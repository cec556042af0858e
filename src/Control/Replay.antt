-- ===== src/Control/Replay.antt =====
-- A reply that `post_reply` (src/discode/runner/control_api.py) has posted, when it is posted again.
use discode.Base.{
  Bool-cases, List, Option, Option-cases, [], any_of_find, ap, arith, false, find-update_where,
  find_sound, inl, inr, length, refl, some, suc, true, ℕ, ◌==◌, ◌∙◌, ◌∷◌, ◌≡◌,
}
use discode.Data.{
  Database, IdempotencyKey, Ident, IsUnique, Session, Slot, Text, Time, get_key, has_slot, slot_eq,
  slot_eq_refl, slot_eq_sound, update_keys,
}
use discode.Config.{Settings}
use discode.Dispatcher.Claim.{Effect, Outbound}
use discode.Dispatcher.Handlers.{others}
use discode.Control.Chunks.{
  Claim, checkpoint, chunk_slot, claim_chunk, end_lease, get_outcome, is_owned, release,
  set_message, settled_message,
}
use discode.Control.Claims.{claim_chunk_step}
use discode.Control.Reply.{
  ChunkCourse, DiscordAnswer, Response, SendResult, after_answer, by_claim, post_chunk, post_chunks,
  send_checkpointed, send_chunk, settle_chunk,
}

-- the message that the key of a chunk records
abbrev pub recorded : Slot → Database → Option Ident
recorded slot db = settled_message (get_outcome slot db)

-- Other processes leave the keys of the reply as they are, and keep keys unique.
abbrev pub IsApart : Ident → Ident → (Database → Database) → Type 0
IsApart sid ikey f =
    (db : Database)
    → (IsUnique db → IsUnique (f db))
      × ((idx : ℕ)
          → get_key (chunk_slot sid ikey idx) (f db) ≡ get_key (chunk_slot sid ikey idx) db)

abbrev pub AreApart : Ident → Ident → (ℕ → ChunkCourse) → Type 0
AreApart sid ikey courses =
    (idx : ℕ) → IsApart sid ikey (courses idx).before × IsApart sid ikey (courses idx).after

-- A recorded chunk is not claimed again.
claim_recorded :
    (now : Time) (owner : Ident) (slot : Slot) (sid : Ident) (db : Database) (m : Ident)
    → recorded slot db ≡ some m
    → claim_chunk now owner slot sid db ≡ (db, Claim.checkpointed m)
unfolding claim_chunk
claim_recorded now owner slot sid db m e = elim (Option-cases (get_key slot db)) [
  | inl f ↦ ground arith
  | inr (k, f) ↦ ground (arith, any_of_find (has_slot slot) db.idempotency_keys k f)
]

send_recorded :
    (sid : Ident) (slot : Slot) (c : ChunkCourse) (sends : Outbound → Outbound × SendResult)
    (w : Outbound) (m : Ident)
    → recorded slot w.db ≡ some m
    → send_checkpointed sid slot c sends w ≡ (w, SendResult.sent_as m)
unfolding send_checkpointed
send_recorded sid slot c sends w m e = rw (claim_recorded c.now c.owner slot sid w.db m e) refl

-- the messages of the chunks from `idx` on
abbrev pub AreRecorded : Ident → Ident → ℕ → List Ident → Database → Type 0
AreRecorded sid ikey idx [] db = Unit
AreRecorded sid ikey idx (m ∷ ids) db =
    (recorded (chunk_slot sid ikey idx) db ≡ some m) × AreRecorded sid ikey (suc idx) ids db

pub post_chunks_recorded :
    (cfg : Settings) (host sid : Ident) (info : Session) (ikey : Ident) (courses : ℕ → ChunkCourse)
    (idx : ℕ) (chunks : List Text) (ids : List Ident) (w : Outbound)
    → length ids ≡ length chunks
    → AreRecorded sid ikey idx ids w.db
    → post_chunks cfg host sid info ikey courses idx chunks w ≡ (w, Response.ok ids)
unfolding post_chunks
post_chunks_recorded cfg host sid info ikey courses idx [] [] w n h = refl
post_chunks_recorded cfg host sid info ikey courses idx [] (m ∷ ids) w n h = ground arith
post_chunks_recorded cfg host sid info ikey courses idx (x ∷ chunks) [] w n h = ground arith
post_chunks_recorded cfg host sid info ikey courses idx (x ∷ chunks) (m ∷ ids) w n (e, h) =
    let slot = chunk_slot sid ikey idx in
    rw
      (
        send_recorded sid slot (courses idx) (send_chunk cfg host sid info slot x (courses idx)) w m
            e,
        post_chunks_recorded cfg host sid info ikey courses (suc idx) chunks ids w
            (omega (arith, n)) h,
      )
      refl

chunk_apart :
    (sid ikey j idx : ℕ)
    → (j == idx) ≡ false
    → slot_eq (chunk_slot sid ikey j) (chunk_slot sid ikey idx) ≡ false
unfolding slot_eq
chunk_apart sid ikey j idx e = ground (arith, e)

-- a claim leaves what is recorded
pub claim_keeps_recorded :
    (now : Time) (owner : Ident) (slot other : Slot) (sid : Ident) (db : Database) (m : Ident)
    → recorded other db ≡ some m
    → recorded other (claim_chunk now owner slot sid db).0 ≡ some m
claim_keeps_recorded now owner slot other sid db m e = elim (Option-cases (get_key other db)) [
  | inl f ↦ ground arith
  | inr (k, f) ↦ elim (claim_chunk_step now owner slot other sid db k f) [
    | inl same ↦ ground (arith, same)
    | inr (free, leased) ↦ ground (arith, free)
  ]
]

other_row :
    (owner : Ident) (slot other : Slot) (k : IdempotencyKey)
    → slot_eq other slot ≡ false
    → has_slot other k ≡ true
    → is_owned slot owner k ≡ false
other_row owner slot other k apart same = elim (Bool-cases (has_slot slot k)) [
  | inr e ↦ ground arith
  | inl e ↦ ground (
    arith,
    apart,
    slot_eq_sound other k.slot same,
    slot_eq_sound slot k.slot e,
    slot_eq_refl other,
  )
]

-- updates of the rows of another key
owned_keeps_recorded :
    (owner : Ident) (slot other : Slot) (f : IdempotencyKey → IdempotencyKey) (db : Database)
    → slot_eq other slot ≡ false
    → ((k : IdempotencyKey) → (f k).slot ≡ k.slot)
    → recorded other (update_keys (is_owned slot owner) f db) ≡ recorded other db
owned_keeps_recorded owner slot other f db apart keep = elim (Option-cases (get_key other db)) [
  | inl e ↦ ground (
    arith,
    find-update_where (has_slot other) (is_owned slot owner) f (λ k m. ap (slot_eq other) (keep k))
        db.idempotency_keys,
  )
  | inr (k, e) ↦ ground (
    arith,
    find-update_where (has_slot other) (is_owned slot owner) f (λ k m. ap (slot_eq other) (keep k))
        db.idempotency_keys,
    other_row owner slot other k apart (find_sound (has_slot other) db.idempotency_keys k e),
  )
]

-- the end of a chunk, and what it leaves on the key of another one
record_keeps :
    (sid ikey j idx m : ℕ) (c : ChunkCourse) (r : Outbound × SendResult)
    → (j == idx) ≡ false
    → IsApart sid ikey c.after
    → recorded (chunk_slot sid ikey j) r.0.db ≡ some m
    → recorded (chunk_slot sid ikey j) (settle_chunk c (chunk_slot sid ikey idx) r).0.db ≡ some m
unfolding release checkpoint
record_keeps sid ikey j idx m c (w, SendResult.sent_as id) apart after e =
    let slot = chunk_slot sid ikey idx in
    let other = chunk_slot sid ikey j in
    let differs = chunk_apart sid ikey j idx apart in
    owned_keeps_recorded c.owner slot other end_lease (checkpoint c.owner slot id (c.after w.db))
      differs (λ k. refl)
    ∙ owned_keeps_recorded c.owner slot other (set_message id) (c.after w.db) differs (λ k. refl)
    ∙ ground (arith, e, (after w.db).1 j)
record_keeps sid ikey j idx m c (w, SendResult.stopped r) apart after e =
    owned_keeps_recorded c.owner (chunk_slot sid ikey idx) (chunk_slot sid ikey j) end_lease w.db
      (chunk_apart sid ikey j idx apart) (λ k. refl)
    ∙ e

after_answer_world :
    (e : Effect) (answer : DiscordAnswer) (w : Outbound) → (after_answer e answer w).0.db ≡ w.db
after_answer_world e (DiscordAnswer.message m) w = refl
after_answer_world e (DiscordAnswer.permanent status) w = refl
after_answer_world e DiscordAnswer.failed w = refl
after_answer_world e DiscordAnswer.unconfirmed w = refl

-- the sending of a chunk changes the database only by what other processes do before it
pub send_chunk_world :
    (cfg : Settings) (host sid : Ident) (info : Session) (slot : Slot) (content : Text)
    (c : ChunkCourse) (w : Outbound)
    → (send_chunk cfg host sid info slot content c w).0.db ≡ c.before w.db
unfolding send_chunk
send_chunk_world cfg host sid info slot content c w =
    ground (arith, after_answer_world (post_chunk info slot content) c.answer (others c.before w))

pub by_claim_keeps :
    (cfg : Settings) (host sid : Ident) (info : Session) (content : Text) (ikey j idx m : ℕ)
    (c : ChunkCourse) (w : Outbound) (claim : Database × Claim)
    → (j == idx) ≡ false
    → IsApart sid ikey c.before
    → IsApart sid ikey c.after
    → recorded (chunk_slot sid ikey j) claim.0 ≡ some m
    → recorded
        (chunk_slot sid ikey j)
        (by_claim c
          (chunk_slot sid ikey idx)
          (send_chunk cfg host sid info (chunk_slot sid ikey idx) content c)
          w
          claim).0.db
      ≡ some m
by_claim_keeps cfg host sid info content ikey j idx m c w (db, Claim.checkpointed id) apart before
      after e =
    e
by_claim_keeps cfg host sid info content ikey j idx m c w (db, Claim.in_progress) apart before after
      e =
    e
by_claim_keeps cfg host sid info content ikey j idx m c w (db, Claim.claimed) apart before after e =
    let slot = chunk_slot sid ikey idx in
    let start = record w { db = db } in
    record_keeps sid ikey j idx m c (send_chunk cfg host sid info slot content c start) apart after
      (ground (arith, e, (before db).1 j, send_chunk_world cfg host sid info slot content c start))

+--

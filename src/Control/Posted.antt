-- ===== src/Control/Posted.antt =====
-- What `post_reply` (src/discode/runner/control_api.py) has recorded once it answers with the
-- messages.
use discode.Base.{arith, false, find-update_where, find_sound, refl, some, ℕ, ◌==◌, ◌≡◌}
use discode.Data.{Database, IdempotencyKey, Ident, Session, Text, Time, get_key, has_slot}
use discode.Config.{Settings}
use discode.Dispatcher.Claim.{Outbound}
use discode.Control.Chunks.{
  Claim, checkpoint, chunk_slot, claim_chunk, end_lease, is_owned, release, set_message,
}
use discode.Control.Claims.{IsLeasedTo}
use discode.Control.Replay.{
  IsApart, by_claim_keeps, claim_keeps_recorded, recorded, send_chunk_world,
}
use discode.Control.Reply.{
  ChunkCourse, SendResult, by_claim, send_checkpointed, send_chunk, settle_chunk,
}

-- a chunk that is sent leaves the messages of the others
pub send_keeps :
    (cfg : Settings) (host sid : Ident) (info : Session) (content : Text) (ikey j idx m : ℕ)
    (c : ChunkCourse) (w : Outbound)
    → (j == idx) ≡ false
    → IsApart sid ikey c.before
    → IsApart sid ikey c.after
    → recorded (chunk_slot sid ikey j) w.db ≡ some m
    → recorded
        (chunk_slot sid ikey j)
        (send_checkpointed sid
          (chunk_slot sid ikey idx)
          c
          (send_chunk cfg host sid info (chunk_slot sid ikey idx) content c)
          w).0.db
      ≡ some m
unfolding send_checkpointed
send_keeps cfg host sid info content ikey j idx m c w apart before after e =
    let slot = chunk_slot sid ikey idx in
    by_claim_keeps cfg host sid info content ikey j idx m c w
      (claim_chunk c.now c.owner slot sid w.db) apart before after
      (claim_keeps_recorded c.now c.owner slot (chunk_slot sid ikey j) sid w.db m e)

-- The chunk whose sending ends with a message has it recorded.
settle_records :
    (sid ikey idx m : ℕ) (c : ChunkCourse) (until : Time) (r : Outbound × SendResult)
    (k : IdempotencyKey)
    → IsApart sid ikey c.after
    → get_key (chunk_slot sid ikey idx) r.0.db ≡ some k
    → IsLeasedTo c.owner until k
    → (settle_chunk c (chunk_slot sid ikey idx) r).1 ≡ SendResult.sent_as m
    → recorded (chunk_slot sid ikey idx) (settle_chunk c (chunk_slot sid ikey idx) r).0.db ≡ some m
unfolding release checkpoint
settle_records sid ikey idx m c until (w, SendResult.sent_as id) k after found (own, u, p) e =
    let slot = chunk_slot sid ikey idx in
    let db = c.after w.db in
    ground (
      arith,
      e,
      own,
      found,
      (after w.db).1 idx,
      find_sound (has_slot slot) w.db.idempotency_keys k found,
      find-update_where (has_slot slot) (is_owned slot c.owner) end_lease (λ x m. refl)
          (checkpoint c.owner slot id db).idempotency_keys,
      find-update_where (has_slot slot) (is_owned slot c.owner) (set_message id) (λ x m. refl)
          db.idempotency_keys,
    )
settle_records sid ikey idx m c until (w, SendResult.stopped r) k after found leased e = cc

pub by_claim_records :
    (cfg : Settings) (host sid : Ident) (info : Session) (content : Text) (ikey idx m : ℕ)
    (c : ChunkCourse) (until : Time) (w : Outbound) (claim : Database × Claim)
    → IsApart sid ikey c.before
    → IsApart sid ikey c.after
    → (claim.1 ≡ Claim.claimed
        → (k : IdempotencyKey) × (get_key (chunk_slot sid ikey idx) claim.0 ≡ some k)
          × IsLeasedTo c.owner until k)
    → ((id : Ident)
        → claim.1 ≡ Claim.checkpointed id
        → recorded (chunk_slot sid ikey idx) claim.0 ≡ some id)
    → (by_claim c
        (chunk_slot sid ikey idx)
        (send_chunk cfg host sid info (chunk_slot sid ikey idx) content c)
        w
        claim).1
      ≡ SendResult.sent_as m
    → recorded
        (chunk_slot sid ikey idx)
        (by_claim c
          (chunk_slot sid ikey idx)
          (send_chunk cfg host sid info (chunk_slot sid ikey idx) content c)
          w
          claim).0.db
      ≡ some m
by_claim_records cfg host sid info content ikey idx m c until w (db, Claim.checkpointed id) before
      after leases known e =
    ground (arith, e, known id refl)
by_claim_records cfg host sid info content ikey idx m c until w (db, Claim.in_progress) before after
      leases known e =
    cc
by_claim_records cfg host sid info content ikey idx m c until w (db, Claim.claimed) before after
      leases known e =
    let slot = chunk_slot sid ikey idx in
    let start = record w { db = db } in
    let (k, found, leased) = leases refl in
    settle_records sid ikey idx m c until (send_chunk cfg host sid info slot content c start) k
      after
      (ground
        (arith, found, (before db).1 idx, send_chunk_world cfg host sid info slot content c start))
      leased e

+--

#### WHAT NEEDS TO BE DONE
When a line in the material includes the word "with", copy it out.

#### SOLUTION
-- What `post_reply` (src/discode/runner/control_api.py) has recorded once it answers with the
-- The chunk whose sending ends with a message has it recorded.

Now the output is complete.